# Solved: The settings saved on this computer for the network do not match the requirem



## Jesse2002 (Oct 29, 2011)

I know this sounds odd but this is the only way I can share this information is to start a thread and then answer it myself what appears to be a common problem.
I had a problem earlier today upgrading to a new N router I recieved from my ISP and found the threads on your site helpful although they did not solve my problem.
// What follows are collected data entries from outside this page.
-- ===== src/Identity/Serving.antt =====
-- The remote signer's responder over a run: the serve loop of `serve_remote_signer` in
-- crates/ndn-boltffi/src/identity_core.rs with the tasks that it spawns, in any order of their turns.
pub mod Founded
pub mod Provenance
use ndn_mobile.Prelude.{
  ℕ, zero, suc, Bool, true, Option, none, some, List, [], ◌∷◌, ◌⊎◌, ◌++◌, inl, inr, get_elem?,
}
use ndn_mobile.Text.{Text}
use ndn_mobile.Types.{NdnError, engine, invalid_name}
use ndn_mobile.Identity.{Parts, IdentityCore, Act, SignRequest, Decision}
use ndn_mobile.Identity.Responder.{Gate, Job, requested, decide, user_says, snapshot, reply}

unfoldable pub remove_at : {A : Type 0} → ℕ → List A → List A
remove_at i [] = []
remove_at zero (x ∷ xs) = xs
remove_at (suc i) (x ∷ xs) = x ∷ remove_at i xs

module _ (p : Parts) (gate : Gate p) where
  open p use {lib}
  open lib use {Name}

  -- Where the loop is with an Interest: it waits for one, or has what the policy says about a request
  -- and the user's answer is to come, or has the answer and the signer is to be looked up.
  pub data Loop : Type 0 where
    free : Loop
    deciding : Name → SignRequest → Decision → Loop
    judged : Name → SignRequest → (allowed : Bool) → Loop

  -- The Interests that wait, oldest first; the tasks that were spawned and are not done, and the
  -- replies that were sent, newest first, each with the name of its Interest.
  pub record Responder : Type 0 where
    pub core : IdentityCore p
    pub inbox : List (Name × Option (List ℕ))
    pub loop : Loop
    pub jobs : List (Name × Job p)
    pub sent : List (Name × List ℕ)

  -- An Interest comes with its parameters; the loop takes the next one, gets the user's answer, looks
  -- the signer up; a task ends; or another call of the core is made, between any two of these.
  pub data Turn : Type 1 where
    arrives : Name → Option (List ℕ) → Turn
    takes : Turn
    answers : Turn
    looks_up : Turn
    completes : ℕ → Turn
    calls : {A : Type 0} → Act p A → Turn

  unfoldable pub begin : Name → Option SignRequest → Responder → Responder
  begin name none r = r
  begin name (some req) r =
      let (d, s) = decide p req r.core in record r { core = s; loop = deciding name req d }

  unfoldable pub take_next : Loop → List (Name × Option (List ℕ)) → Responder → Responder
  take_next free [] r = r
  take_next free ((name, params) ∷ inbox) r =
      begin name (requested p params) (record r { inbox = inbox })
  take_next l inbox r = r

  unfoldable pub get_answer : Loop → Responder → Responder
  get_answer (deciding name req d) r =
      let (allowed, s) = user_says p gate req d r.core in
      record r { core = s; loop = judged name req allowed }
  get_answer l r = r

  unfoldable pub look_up : Loop → Responder → Responder
  look_up (judged name req allowed) r = record r {
    loop = free;
    jobs = (name, (req, snapshot p allowed r.core)) ∷ r.jobs;
  }
  look_up l r = r

  unfoldable pub complete : ℕ → Option (Name × Job p) → Responder → Responder
  complete i none r = r
  complete i (some (name, job)) r =
      let (content, w) = reply p job r.core.world in
      record r {
        core = record r.core { world = w };
        jobs = remove_at i r.jobs;
        sent = (name, content) ∷ r.sent;
      }

  unfoldable pub turn : Turn → Responder → Responder
  turn (arrives name params) r = record r { inbox = r.inbox ++ (name, params) ∷ [] }
  turn takes r = take_next r.loop r.inbox r
  turn answers r = get_answer r.loop r
  turn looks_up r = look_up r.loop r
  turn (completes i) r = complete i (get_elem? r.jobs i) r
  turn (calls m) r = record r { core = (m r.core).1 }

  unfoldable pub run : List Turn → Responder → Responder
  run [] r = r
  run (t ∷ ts) r = run ts (turn t r)

  unfoldable pub idle : IdentityCore p → Responder
  idle s = record { core = s; inbox = []; loop = free; jobs = []; sent = [] }

  unfoldable pub ended : Text ⊎ Unit {0} → NdnError ⊎ Bool
  ended (inl error) = inl (engine error)
  ended (inr _) = inr true

  -- `turns` are those until the connection ends as `closed` says.
  unfoldable pub serve_remote_signer :
      Text
      → (turns : List Turn) → (closed : Text ⊎ Unit {0}) → IdentityCore p
      → (NdnError ⊎ Bool) × Responder
  serve_remote_signer prefix turns closed s = elim (p.parse prefix) [
    | none ↦ (inl (invalid_name prefix), idle s)
    | some name ↦ (ended closed, run turns (idle s))
  ]
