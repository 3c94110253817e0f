-- ===== src/Client/Serving.antt =====
-- What the client serves to other nodes over the connection of its identity core: its `serve`, and
-- `serve_remote_signer`.
use ndn_mobile.Prelude.{ℕ, Bool, true, Option, List, ◌⊎◌}
use ndn_mobile.Text.{Text}
use ndn_mobile.Types.{NdnError, engine}
use ndn_mobile.Offer
use ndn_mobile.Identity.{Parts, Act, ◌>>=◌, return, map_io, name_in}
use ndn_mobile.Identity.Objects.{Publishing}
use ndn_mobile.Identity.Responder.{Gate}
use ndn_mobile.Identity.Serving
use ndn_mobile.Identity.Serving.{Turn}
use ndn_mobile.Client.{Fetching, NdnClient, Call, on_core}

module _ (p : Parts) (offers : Offer.Library) (f : Fetching p) (o : Publishing p) where
  open p use {lib}
  open lib use {World, Name}

  -- `NdnInterestHandler`: what the host answers to a name.
  abbrev pub InterestHandler : Type 0
  InterestHandler = Text → World → Option (List ℕ) × World

  unfoldable pub producing : Text → InterestHandler → Act p Bool
  producing prefix handler = do
    name ← name_in p prefix
    served ← map_io p engine (o.serve name (λ n. handler (p.to_string n)))
    return p true

  unfoldable pub serve : Text → InterestHandler → Call p offers f Bool
  serve prefix handler = on_core p offers f (producing prefix handler)

  -- With the replies that were sent, newest first.
  unfoldable pub serve_remote_signer :
      (gate : Gate p)
      → Text
      → List (Turn p gate)
      → (Text ⊎ Unit {0})
      → NdnClient p offers f
      → ((NdnError ⊎ Bool) × List (Name × List ℕ)) × NdnClient p offers f
  serve_remote_signer gate prefix turns closed c =
      let (a, r) = Serving.serve_remote_signer p gate prefix turns closed c.core in
      ((a, r.sent), record c { core = r.core })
All PCs in the house connected wirelessly except my laptop which I got the message below.
The settings saved on this computer for the network do not match the requirements of the network.
None of the threads however solved my problem.


----------



## Jesse2002 (Oct 29, 2011)

I messed around for hours and eventually went cap in hand to the IT guy who lives next door.
He to was totally baffled so we messed around with the setting some more and stumbled on the solution.
From Vista onward there is this facility to press a button on the router and the router and wireless device should pair up.
In my case they did pair up but when I looked at the wireless connections there was a red cross on my network but I could open the internet and had 136 MBs until I rebooted and then had to pair up again.
The other odd thing is the connection when hovered over varied from time to time between N and G and WEP or WPA2
We found if you go in to the wireless settings of the router and disable this pairing function it just lets you use the good old fashioned pass phrase key you have set on the router.
I have attached the setting from my D Link Router hopefully.
I hope this helps others solve the problem it will certainly give one more option to try.
You should always aim for AES and preferably WPA2.


----------